Commanders and leaders
- Napoleon Bonaparte; Louis Desaix; Louis André Bon; Honoré Vial; Jean Reynier; Thomas-Alexandre Dumas;: Murad Bey; Ibrahim Bey; Ayyub Bey †;

Strength
- 25,000 3,000 cavalry; 17,000 infantry;: 21,000–50,000 6,000+ cavalry; 15,000–54,000 infantry;

Casualties and losses
- 29 killed 260 wounded: 10,000 killed or wounded 7,000 Mamluks killed;

= Battle of the Pyramids =

1798 battle of the French invasion of Egypt and Syria

The Battle of the Pyramids (Bataille des Pyramides), also known as the Battle of Embabeh (bataille d'Embabech), was fought on 21 July 1798 during the French invasion of Egypt and Syria. Occurring near the village of Embabeh, Ottoman Egypt, the battle was named by Napoleon after the distant Great Pyramid of Giza.

After capturing Alexandria and advancing toward Cairo, Napoleon's army confronted Murad Bey's Mamluk-led forces. The French deployed into large divisional squares that withstood repeated cavalry charges before storming the fortified village of Embabeh. French losses were reported at about 300, while estimates for Mamluk–Ottoman casualties vary widely, from several thousand to as many as 10,000. The defeat shattered Murad's field army, forcing him to retreat to Upper Egypt.

The victory opened the way to Cairo, where Napoleon established a new administration, though local uprisings soon followed. It also marked the decline of Mamluk rule in Egypt. Its strategic impact was blunted when a British fleet under Vice-admiral Horatio Nelson defeated the French navy at the Battle of the Nile ten days later. The battle has since been depicted in art and popular culture, with some reviews being critical of historical inaccuracies.

==Prelude==
After landing in Ottoman-controlled Egypt and capturing Alexandria on 2 July 1798, the French army under General Bonaparte marched across the desert toward Cairo. Their objective was to break the power of the Mamluk beys who dominated Egypt and secure control of the capital before Ottoman reinforcements could arrive. Murad Bey and Ibrahim Bey, two Georgian Mamluks who commanded the country’s military forces, prepared to oppose the advance. Their army included elite, heavily armoured cavalry supported by fellahin militia serving as infantry.

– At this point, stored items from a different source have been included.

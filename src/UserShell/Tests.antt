-- ===== src/UserShell/Tests.antt =====
-- The shell at concrete values: its prompt on the card of the other tests, and two rounds on a queue
-- of scancodes.
use if2230_2023_hexos.Prelude.{
  ℕ, ◌+◌, ◌-◌, ◌*◌, ◌/◌, ◌%◌, ◌≡◌, refl, ◌&&◌, ltb, leb, ◌==◌, if◌then◌else◌, length, List, [], ◌∷◌,
  Buf, done, arith,
}
use if2230_2023_hexos.Tests.{Vga, vga_bus, vga_card, powered_on}
use if2230_2023_hexos.Framebuffer.Cursor.{position}
use if2230_2023_hexos.Keyboard.Tests.{hex_keys, hex_keys-AreCharacters, waiting}
use if2230_2023_hexos.Fat32.Small.{zeros, small_state}
use if2230_2023_hexos.Interrupt.{Kernel}
use if2230_2023_hexos.Interrupt.Tests.{queue_bus, queue_ps2, kernel}
use if2230_2023_hexos.UserShell.{Frame, show_prompt, shell_rounds}
use if2230_2023_hexos.UserShell.Lines.{codes_of_lines, Served, shell_rounds-Served}
use if2230_2023_hexos.UserShell.Prompt.{prompt_text, prompt_color, Literals, show_prompt-Shown}

abbrev frame : Frame
frame = record {
  host = 0x100;
  colon = 0x110;
  root = 0x114;
  prompt = 0x11C;
  buf = 0x800;
  ebp = 0x1000;
  esp = 0xFF0;
}

-- The literals in the shell's memory.
abbrev literals : Buf
literals a =
    if leb 0x100 a && ltb a 0x10F
    then prompt_text (a - 0x100)
    else if a == 0x110
    then prompt_text (a - 0x101)
    else if leb 0x114 a && ltb a 0x118
    then prompt_text (a - 0x104)
    else if leb 0x11C a && ltb a 0x11E
    then prompt_text (a - 0x108)
    else 0

literals-Literals : Literals frame literals
literals-Literals = record {
  host = λ a l. ground arith;
  colon = λ a l. ground arith;
  root = λ a l. ground arith;
  prompt = λ a l. ground arith;
}

abbrev started : Kernel Vga
started = record {
  machine = record { keyboard = waiting.keyboard; screen = zeros; devices = powered_on };
  files = small_state;
  listing = zeros;
  memory = literals;
}

show_prompt-Shown_example :
    (k' : Kernel Vga) × (show_prompt vga_bus 16 frame started ≡ done k')
    × ((x : ℕ)
        → k'.machine.screen x ≡ (
            if leb (2 * 0) x && ltb x (2 * (0 + 22))
            then (if (x - 2 * 0) % 2 == 0
                then prompt_text ((x - 2 * 0) / 2) % 256
                else prompt_color ((x - 2 * 0) / 2))
            else started.machine.screen x))
    × (position vga_bus vga_card k'.machine.devices ≡ 0 + 22)
    × (k'.memory ≡ started.memory)
unfolding vga_card
show_prompt-Shown_example =
    show_prompt-Shown vga_bus vga_card 16 frame 0 started (omega arith) (omega arith) refl
      literals-Literals

-- A line with three characters and an empty one.
abbrev two_lines : List (List ℕ)
two_lines = hex_keys ∷ [] ∷ []

abbrev served_kernel : Kernel (List ℕ)
served_kernel = record kernel {
  machine = record (kernel.machine) {
    devices = codes_of_lines queue_bus queue_ps2 17 frame (omega arith) two_lines (0x12 ∷ []);
  };
}

shell_rounds-Served_example :
    (k' : Kernel (List ℕ)) × (shell_rounds queue_bus 17 frame (length two_lines) served_kernel
      ≡ done k')
    × Served queue_bus queue_ps2 17 frame (omega arith) two_lines (0x12 ∷ []) served_kernel k'
unfolding queue_ps2
shell_rounds-Served_example =
    shell_rounds-Served queue_bus queue_ps2 17 frame (omega arith) two_lines (0x12 ∷ [])
      served_kernel
      (hex_keys-AreCharacters, omega arith, omega arith, (tt, omega arith, omega arith, tt)) refl
      refl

The French encountered the Mamluks about 9 mi from the Pyramids and 4 mi from Cairo. (Note: Engulfed by the west bank of modern Cairo, nothing remains of the battlefield today.)
On 13 July, French scouts located Murad’s encampment near Shubra Khit. Bonaparte ordered an immediate advance, leading to the skirmish at Shubra Khit (also called Chobrakit). French artillery destroyed the Mamluk flagship on the Nile and forced a retreat, giving Bonaparte his first victory and demonstrating the effectiveness of concentrated firepower against cavalry charges.

==Battle==
On 21 July, after marching all night, the French reached the vicinity of the village of Embabeh. After a short rest, Napoleon ordered his troops to form for battle. Each of the five divisions was organised into hollow rectangles with cavalry and baggage in the centre and cannon at the corners. He exhorted his men to remain steady when facing the Mamluk cavalry:

Soldiers! You came to this country to save the inhabitants from barbarism, to bring civilisation to the Orient and subtract this beautiful part of the world from the domination of England. From the top of those pyramids, forty centuries are contemplating you.
— General Bonaparte, Order of the Day,

The French advanced south in echelon, with the right flank leading and the left secured by the Nile. From right to left, the divisions were commanded by Louis Desaix, Jean-Louis-Ébénézer Reynier, Charles-François-Joseph Dugua, Honoré Vial, and Louis André Bon. Desaix also sent a detachment to occupy the nearby village of Biktil. Murad anchored his right on the Nile at Embabeh, which was fortified with infantry and artillery, and his left on Biktil with additional guns. His Mamluk cavalry deployed in the centre. Across the Nile, the army of Ibrahim Bey watched the battle unfold but was unable to cross and intervene. Murad’s plan was to hold the French on his fortified flanks and then strike their centre with cavalry.
Repeated cavalry charges were directed against the French squares. One armoured rider advanced to within a few steps of the French lines and demanded a duel, but was shot down by musket fire.

At about 15:30 Murad ordered his defterdar, Ayyub Bey, to lead a mass assault. The divisions of Desaix, Reynier, and Dugua held firm, repelling the horsemen with musketry and artillery. Some of the Mamluks then attempted to attack Desaix’s detached force, but without success.

The Column that moved forward to attack Murad Bey divided in a way known to them during wartimes, and they got closer to the barricades where they then surrounded all the soldiers, front and back, and they beat their drums and started to shoot their guns and cannons; the winds blew strong, and dust flew, and the skies darkened from the dust and gun smoke; people were deafened by the drum beats and people thought that the Earth had moved like a quake and that the skies had fallen; the war and the fighting continued for about three-quarters of an hour and then there was defeat on the Western Front.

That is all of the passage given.